> ACTIVITY
The lines below that include "calls" are to be found and copied.
START THE DATA
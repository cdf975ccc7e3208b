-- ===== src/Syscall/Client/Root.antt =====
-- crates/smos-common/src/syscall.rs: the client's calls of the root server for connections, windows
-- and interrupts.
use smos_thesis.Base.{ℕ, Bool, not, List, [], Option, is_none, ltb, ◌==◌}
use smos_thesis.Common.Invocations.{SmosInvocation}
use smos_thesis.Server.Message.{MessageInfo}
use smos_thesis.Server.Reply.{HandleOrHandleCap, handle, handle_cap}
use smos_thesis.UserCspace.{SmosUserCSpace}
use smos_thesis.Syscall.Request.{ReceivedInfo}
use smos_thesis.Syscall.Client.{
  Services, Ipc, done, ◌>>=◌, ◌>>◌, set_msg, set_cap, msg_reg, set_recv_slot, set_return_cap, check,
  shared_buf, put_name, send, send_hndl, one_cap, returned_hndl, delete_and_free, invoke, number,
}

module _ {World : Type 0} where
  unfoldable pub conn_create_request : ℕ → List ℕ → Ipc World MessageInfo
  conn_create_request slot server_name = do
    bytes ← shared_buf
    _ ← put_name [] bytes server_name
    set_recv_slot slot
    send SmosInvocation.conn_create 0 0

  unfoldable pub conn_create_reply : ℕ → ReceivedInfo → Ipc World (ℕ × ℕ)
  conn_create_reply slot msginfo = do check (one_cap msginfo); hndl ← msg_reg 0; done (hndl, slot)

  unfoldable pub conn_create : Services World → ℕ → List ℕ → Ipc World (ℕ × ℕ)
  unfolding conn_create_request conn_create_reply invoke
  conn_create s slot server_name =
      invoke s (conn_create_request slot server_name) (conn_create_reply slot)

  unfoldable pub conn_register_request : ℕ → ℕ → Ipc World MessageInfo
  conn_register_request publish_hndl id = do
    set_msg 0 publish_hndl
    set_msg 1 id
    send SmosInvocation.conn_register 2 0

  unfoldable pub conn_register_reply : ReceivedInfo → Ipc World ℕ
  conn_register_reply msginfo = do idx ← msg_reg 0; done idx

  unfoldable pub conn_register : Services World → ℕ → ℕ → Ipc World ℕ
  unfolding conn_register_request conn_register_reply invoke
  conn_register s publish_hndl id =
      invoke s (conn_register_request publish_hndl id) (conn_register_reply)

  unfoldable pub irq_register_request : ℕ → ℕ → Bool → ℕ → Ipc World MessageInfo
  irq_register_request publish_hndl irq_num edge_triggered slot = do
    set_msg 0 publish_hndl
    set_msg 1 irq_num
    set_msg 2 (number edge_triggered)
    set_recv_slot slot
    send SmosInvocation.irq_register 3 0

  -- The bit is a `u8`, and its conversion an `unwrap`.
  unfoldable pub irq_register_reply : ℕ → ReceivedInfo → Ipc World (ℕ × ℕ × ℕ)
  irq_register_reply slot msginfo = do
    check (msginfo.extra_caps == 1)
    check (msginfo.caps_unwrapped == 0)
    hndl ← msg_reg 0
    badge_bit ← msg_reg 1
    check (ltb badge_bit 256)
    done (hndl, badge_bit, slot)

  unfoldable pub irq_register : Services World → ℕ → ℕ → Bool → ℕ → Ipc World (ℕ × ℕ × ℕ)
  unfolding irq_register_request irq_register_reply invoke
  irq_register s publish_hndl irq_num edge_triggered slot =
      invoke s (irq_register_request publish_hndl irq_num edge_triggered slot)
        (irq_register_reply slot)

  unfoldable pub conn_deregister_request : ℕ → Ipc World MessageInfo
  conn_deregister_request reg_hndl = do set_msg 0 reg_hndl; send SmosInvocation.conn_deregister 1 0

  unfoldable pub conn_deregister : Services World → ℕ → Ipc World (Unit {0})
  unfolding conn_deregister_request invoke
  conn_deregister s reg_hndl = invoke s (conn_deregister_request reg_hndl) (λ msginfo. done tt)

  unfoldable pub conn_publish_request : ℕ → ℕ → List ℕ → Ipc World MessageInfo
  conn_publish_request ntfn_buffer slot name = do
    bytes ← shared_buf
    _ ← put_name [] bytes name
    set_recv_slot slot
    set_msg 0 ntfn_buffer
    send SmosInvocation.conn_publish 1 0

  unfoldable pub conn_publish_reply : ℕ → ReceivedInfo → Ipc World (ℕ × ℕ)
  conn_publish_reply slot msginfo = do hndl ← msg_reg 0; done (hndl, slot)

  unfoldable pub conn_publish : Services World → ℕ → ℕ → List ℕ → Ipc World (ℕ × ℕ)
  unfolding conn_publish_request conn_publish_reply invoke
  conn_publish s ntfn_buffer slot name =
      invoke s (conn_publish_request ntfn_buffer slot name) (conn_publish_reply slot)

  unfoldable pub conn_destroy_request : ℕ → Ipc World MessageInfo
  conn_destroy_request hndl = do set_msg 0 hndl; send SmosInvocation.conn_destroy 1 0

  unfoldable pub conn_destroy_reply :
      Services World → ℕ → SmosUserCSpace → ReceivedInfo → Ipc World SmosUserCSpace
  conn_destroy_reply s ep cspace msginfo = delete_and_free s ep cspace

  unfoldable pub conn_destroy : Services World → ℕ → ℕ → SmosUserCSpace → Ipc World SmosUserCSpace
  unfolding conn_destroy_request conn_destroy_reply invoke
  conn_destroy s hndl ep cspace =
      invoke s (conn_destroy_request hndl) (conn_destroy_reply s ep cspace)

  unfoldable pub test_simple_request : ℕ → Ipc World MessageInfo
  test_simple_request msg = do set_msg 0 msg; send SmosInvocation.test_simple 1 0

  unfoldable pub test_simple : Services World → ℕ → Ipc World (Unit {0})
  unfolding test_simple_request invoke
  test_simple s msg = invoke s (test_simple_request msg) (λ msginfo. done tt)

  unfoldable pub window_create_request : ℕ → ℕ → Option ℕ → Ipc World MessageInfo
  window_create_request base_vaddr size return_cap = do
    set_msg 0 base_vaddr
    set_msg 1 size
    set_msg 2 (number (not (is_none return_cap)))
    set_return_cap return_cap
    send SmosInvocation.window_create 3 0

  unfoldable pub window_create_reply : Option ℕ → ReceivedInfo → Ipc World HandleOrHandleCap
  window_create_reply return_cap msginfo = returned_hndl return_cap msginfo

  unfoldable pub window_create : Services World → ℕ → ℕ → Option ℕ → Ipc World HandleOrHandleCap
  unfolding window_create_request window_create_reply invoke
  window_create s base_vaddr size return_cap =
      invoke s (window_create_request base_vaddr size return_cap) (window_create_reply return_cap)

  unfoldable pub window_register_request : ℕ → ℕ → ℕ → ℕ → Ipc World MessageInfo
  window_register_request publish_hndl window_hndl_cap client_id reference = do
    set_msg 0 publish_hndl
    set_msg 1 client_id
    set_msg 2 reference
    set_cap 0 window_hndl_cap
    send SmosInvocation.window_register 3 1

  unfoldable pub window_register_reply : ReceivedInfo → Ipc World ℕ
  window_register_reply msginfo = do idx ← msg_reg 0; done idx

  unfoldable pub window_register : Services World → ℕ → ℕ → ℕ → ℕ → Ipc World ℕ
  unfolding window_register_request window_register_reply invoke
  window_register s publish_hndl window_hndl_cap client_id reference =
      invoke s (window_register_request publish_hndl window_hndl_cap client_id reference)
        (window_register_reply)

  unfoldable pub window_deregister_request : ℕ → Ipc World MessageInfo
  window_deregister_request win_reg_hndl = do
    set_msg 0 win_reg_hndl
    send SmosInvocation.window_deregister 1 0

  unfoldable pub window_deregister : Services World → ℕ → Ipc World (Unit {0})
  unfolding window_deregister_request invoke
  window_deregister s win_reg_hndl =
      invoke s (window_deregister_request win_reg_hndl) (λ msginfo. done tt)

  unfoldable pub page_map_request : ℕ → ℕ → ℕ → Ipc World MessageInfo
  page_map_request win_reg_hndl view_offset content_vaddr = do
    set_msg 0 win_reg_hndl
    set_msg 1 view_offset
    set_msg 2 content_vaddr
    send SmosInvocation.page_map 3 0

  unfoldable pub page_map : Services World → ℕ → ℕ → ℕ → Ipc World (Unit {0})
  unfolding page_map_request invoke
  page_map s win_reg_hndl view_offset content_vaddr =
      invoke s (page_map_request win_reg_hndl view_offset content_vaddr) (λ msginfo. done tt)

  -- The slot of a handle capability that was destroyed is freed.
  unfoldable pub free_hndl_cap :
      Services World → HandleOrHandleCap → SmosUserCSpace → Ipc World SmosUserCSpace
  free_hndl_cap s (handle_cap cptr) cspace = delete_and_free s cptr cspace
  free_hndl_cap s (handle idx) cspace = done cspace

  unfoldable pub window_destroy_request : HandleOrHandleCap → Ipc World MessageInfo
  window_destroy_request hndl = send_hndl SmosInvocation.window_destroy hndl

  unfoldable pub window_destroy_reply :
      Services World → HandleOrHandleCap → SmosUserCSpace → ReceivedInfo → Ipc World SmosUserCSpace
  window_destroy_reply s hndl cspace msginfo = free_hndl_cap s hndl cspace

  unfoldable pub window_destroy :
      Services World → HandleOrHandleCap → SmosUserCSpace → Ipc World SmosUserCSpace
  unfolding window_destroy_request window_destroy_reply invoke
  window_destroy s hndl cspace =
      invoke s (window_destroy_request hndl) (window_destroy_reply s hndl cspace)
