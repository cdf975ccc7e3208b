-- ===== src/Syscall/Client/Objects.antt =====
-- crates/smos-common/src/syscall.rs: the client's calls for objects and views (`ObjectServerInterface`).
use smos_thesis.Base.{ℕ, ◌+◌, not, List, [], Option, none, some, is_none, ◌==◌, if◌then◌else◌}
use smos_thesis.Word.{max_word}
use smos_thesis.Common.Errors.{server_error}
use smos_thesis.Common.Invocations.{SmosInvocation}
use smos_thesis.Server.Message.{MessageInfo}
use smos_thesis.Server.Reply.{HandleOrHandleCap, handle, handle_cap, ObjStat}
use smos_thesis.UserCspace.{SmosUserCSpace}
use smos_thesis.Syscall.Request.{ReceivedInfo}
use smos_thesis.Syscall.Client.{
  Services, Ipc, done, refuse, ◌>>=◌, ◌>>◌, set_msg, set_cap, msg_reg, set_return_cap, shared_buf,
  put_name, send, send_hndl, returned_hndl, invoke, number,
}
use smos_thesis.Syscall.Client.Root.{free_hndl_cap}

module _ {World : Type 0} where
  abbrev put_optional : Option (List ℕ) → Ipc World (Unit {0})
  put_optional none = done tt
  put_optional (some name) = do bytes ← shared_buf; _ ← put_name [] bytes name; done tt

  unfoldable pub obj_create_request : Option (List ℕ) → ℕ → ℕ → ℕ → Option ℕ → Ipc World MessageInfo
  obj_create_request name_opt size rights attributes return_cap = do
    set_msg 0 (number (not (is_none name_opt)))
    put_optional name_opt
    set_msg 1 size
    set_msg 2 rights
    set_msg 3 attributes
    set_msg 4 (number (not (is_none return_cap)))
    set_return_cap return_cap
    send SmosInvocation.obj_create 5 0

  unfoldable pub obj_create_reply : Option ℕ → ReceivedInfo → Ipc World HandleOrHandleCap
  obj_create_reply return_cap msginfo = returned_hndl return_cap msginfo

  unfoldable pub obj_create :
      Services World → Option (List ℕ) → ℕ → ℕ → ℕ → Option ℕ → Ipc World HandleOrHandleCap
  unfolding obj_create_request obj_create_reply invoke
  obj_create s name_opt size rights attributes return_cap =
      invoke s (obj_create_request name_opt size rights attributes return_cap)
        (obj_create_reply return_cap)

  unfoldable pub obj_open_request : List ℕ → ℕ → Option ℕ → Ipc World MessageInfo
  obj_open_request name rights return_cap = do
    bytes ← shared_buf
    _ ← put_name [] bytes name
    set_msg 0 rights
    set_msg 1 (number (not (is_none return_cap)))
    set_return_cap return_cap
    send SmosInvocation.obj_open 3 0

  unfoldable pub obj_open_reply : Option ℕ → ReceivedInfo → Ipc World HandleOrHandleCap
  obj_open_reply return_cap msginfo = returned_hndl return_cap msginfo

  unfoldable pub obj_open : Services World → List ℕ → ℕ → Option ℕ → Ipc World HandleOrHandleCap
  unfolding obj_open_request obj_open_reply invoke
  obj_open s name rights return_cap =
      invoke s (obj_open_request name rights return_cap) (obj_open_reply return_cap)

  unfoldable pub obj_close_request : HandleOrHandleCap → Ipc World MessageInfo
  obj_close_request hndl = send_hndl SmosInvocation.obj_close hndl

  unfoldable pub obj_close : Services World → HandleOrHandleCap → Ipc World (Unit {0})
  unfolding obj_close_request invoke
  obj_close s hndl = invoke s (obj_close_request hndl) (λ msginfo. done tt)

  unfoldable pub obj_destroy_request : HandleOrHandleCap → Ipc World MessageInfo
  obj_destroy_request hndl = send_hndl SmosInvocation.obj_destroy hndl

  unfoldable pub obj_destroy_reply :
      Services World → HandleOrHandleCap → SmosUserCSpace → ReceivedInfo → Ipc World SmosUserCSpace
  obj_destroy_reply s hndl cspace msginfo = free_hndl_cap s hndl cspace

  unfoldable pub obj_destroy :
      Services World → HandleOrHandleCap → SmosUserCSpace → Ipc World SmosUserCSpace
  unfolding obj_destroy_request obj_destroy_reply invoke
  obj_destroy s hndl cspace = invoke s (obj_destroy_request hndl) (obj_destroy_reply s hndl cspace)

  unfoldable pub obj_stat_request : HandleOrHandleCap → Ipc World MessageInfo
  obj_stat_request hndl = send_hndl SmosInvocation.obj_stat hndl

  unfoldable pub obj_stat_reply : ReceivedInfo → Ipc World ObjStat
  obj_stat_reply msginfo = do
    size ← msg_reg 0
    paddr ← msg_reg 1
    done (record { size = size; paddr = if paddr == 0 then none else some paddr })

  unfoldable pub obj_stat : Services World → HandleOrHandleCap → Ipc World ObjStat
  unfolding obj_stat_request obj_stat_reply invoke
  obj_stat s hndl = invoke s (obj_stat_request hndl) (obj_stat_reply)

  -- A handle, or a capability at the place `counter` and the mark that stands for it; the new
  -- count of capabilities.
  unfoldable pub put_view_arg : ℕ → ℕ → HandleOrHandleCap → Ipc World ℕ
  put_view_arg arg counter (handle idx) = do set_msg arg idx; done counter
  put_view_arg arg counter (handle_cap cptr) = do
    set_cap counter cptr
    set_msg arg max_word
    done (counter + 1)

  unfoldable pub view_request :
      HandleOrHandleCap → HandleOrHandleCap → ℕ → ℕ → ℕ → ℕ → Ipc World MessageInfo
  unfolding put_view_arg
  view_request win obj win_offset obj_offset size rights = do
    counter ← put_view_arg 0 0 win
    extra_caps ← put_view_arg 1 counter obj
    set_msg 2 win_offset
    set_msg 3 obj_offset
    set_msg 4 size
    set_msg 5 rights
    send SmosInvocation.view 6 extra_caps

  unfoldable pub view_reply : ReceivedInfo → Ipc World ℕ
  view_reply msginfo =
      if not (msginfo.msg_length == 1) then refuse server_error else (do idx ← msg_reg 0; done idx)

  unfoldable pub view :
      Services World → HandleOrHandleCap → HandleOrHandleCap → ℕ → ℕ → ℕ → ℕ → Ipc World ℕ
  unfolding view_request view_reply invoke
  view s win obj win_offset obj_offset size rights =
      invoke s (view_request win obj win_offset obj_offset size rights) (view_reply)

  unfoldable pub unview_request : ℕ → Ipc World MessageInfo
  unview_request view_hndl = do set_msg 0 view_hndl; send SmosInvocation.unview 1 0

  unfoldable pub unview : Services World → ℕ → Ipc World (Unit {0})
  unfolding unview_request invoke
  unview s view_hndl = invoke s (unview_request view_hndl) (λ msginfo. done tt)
END THE DATA
> RESULT OF THIS EXERCISE
-- crates/smos-common/src/syscall.rs: the client's calls of the root server for connections, windows
-- crates/smos-common/src/syscall.rs: the client's calls for objects and views (`ObjectServerInterface`).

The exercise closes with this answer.